This is not a dream

There are roads your feet recognize, even if your mind has erased them.
It’s not déjà vu. It’s your soul whispering: “You came back for a reason.”

This is not a dream.
Or maybe it is…
It’s the story of a road that knew me before I knew myself,
and of the moment when time stopped being a line and became an echo.

There are paths you don’t remember walking,
and yet your feet step on them with a familiarity that unsettles.

At some point along the way, time stopped behaving like a line
and began to fold like damp paper.
Everything becomes simultaneous:
the first time I died,
the last time I said goodbye,
eternity trapped in a blink of dust on the windshield.

I saw a stone structure, a cross crowning the silence.
I didn’t pray. It wasn’t necessary.
The stone recognized me.
It knew I had been there before, with another name, another voice.
Perhaps in another body.
Perhaps as a shadow.
Or as wind.

The Virgin behind the glass watched me with the tenderness reserved for repeat visitors.
The image did not bless, it remembered.
As if to say:
“You have fled from here in another life.
This time, stay a little longer.”

The Gremlin and the motorcycle rested under a light that wasn’t from the sun, but from memory.
I sat at the edge of the road the way ghosts sit:
weightless, yet dense with history.

And for an instant I understood that the soul does not travel with maps or clocks:
it drags itself toward the moments where something burned —love, fear, or joy—
and returns there,
not out of nostalgia for the place,
but because of time’s wound.

I remembered then that souls don’t return as punishment,
but because of invisible agreements.
Because they left a word unfinished,
a farewell unclosed,
a promise still trembling on the line of the horizon.

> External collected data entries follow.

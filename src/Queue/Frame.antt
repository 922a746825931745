-- ===== src/Queue/Frame.antt =====
-- What one step leaves true of the other threads.
use libchronos.Base.{ℕ, ◌+◌, ◌%◌, ◌^◌, ◌≤◌, ◌<◌, ◌≡◌, refl, ap, ◌∙◌, Option, some, arith}
use libchronos.Base.Words.{inc64}
use libchronos.Queue.{MpmcQueue, update}
use libchronos.Queue.Slots.{slot-add, slot-inj}
use libchronos.Queue.Threads.{
  Pc, idle, push_at, push_seen, push_won, push_copied, pop_at, pop_seen, pop_won, pop_copied,
  seq_of,
}
use libchronos.Queue.Inv.{IsQueue, Fits, writes, reads}

-- Two threads that do not hold the same ticket.
pub record Apart {A : Type 0} (p q : Pc A) : Type 0 where
  pub no_writes : (t : ℕ) → writes p ≡ some t → ¬ (writes q ≡ some t)
  pub no_reads : (t : ℕ) → reads p ≡ some t → ¬ (reads q ≡ some t)

module _ {A : Type 0} (capacity : ℕ) (two : 2 ≤ capacity) where
  next_round :
      (m : MpmcQueue A) (t : ℕ)
      → m.head ≡ t + capacity
      → seq_of capacity m m.head ≡ seq_of capacity m t
  next_round m t e = ap m.seq (ap (λ k. k % capacity) e ∙ slot-add capacity t)

  slot-seq :
      (m : MpmcQueue A) (t u : ℕ)
      → t % capacity ≡ u % capacity
      → seq_of capacity m t ≡ seq_of capacity m u
  slot-seq m t u e = ap m.seq e

  ticket-seq :
      (m : MpmcQueue A) (t : ℕ) → m.tail ≡ t → seq_of capacity m m.tail ≡ seq_of capacity m t
  ticket-seq m t e = ap (λ k. seq_of capacity m k) e

  pub push_win-Fits :
      (m : MpmcQueue A) (log : ℕ → Option A) (val : A) (q : Pc A)
      → m.head + capacity < 2 ^ 63
      → IsQueue capacity m log
      → seq_of capacity m m.head ≡ m.head
      → Fits capacity m log q
      → Fits capacity (record m { head = inc64 m.head }) (update log m.head (some val)) q
  push_win-Fits m log val idle small v free f = tt
  push_win-Fits m log val (push_at a s) small v free f = omega (arith, f)
  push_win-Fits m log val (push_seen a s n) small v free f = ground (arith, f)
  push_win-Fits m log val (push_won a t) small v free f = ground (arith, f)
  push_win-Fits m log val (push_copied a t) small v free f = ground (arith, f)
  push_win-Fits m log val (pop_at s) small v free f = f
  push_win-Fits m log val (pop_seen s n) small v free f = f
  push_win-Fits m log val (pop_won t) small v free f = ground (arith, f, v.ordered, next_round m t)
  push_win-Fits m log val (pop_copied t a) small v free f =
      ground (arith, f, v.ordered, next_round m t)

  pub push_copy-Fits :
      (m : MpmcQueue A) (log : ℕ → Option A) (val : A) (ticket : ℕ) (q : Pc A)
      → IsQueue capacity m log
      → Fits capacity m log (push_won val ticket)
      → Apart (push_won val ticket) q
      → Fits capacity m log q
      → Fits capacity (record m { data_at = update m.data_at (ticket % capacity) (some val) }) log q
  push_copy-Fits m log val ticket idle v own apart f = tt
  push_copy-Fits m log val ticket (push_at a s) v own apart f = f
  push_copy-Fits m log val ticket (push_seen a s n) v own apart f = f
  push_copy-Fits m log val ticket (push_won a t) v own apart f = f
  push_copy-Fits m log val ticket (push_copied a t) v own apart f = ground (
    arith,
    f,
    own,
    v.room,
    slot-inj capacity t ticket,
    slot-inj capacity ticket t,
    apart.no_writes ticket refl,
  )
  push_copy-Fits m log val ticket (pop_at s) v own apart f = f
  push_copy-Fits m log val ticket (pop_seen s n) v own apart f = f
  push_copy-Fits m log val ticket (pop_won t) v own apart f =
      ground (arith, f, own, v.room, slot-inj capacity t ticket)
  push_copy-Fits m log val ticket (pop_copied t a) v own apart f =
      ground (arith, f, own, v.room, slot-inj capacity t ticket)

  pub push_done-Fits :
      (m : MpmcQueue A) (log : ℕ → Option A) (val : A) (ticket : ℕ) (q : Pc A)
      → m.head + capacity < 2 ^ 63
      → IsQueue capacity m log
      → Fits capacity m log (push_copied val ticket)
      → Apart (push_copied val ticket) q
      → Fits capacity m log q
      → Fits capacity (record m { seq = update m.seq (ticket % capacity) (inc64 ticket) }) log q
  push_done-Fits m log val ticket idle small v own apart f = tt
  push_done-Fits m log val ticket (push_at a s) small v own apart f = f
  push_done-Fits m log val ticket (push_seen a s n) small v own apart f =
      ground (arith, f, own, slot-seq m s ticket)
  push_done-Fits m log val ticket (push_won a t) small v own apart f = ground (
    arith,
    f,
    own,
    v.room,
    slot-inj capacity t ticket,
    slot-inj capacity ticket t,
    apart.no_writes ticket refl,
  )
  push_done-Fits m log val ticket (push_copied a t) small v own apart f = ground (
    arith,
    f,
    own,
    v.room,
    slot-inj capacity t ticket,
    slot-inj capacity ticket t,
    apart.no_writes ticket refl,
  )
  push_done-Fits m log val ticket (pop_at s) small v own apart f = f
  push_done-Fits m log val ticket (pop_seen s n) small v own apart f =
      ground (arith, f, own, slot-seq m s ticket)
  push_done-Fits m log val ticket (pop_won t) small v own apart f =
      ground (arith, f, own, v.room, slot-inj capacity t ticket)
  push_done-Fits m log val ticket (pop_copied t a) small v own apart f =
      ground (arith, f, own, v.room, slot-inj capacity t ticket)

  pub pop_win-Fits :
      (m : MpmcQueue A) (log : ℕ → Option A) (q : Pc A)
      → m.head + capacity < 2 ^ 63
      → IsQueue capacity m log
      → seq_of capacity m m.tail ≡ m.tail + 1
      → m.tail < m.head
      → Fits capacity m log q
      → Fits capacity (record m { tail = inc64 m.tail }) log q
  pop_win-Fits m log idle small v full below f = tt
  pop_win-Fits m log (push_at a s) small v full below f = f
  pop_win-Fits m log (push_seen a s n) small v full below f = f
  pop_win-Fits m log (push_won a t) small v full below f = ground (arith, f, ticket-seq m t)
  pop_win-Fits m log (push_copied a t) small v full below f = ground (arith, f, ticket-seq m t)
  pop_win-Fits m log (pop_at s) small v full below f = ground (arith, f, v.ordered)
  pop_win-Fits m log (pop_seen s n) small v full below f = ground (arith, f, v.ordered)
  pop_win-Fits m log (pop_won t) small v full below f = ground (arith, f, v.ordered)
  pop_win-Fits m log (pop_copied t a) small v full below f = ground (arith, f, v.ordered)

  pub pop_done-Fits :
      (m : MpmcQueue A) (log : ℕ → Option A) (ticket : ℕ) (val : Option A) (q : Pc A)
      → m.head + capacity < 2 ^ 63
      → IsQueue capacity m log
      → Fits capacity m log (pop_copied ticket val)
      → Apart (pop_copied ticket val) q
      → Fits capacity m log q
      → Fits capacity
          (record m { seq = update m.seq (ticket % capacity) ((ticket + capacity) % 2 ^ 64) })
          log
          q
  pop_done-Fits m log ticket val idle small v own apart f = tt
  pop_done-Fits m log ticket val (push_at a s) small v own apart f = f
  pop_done-Fits m log ticket val (push_seen a s n) small v own apart f =
      ground (arith, f, own, v.ordered, slot-seq m s ticket)
  pop_done-Fits m log ticket val (push_won a t) small v own apart f =
      ground (arith, f, own, slot-inj capacity ticket t)
  pop_done-Fits m log ticket val (push_copied a t) small v own apart f =
      ground (arith, f, own, slot-inj capacity ticket t)
  pop_done-Fits m log ticket val (pop_at s) small v own apart f = f
  pop_done-Fits m log ticket val (pop_seen s n) small v own apart f =
      ground (arith, f, own, v.ordered, slot-seq m s ticket)
  pop_done-Fits m log ticket val (pop_won t) small v own apart f = ground (
    arith,
    f,
    own,
    v.ordered,
    slot-inj capacity t ticket,
    slot-inj capacity ticket t,
    apart.no_reads ticket refl,
  )
  pop_done-Fits m log ticket val (pop_copied t a) small v own apart f = ground (
    arith,
    f,
    own,
    v.ordered,
    slot-inj capacity t ticket,
    slot-inj capacity ticket t,
    apart.no_reads ticket refl,
  )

All of this happened at an undefined point between sea and sky,
between what I was and what I will be.
No one saw it.
No one documented it.
But I lived it.
Or maybe I’m dreaming it from another incarnation.

What matters is not whether it’s real.
What matters is that, for a few minutes,
time stopped to say hello.

And though the road went on,
I stayed there a little while,
in that fold of time,
like someone who leaves a part of themselves behind so as not to forget.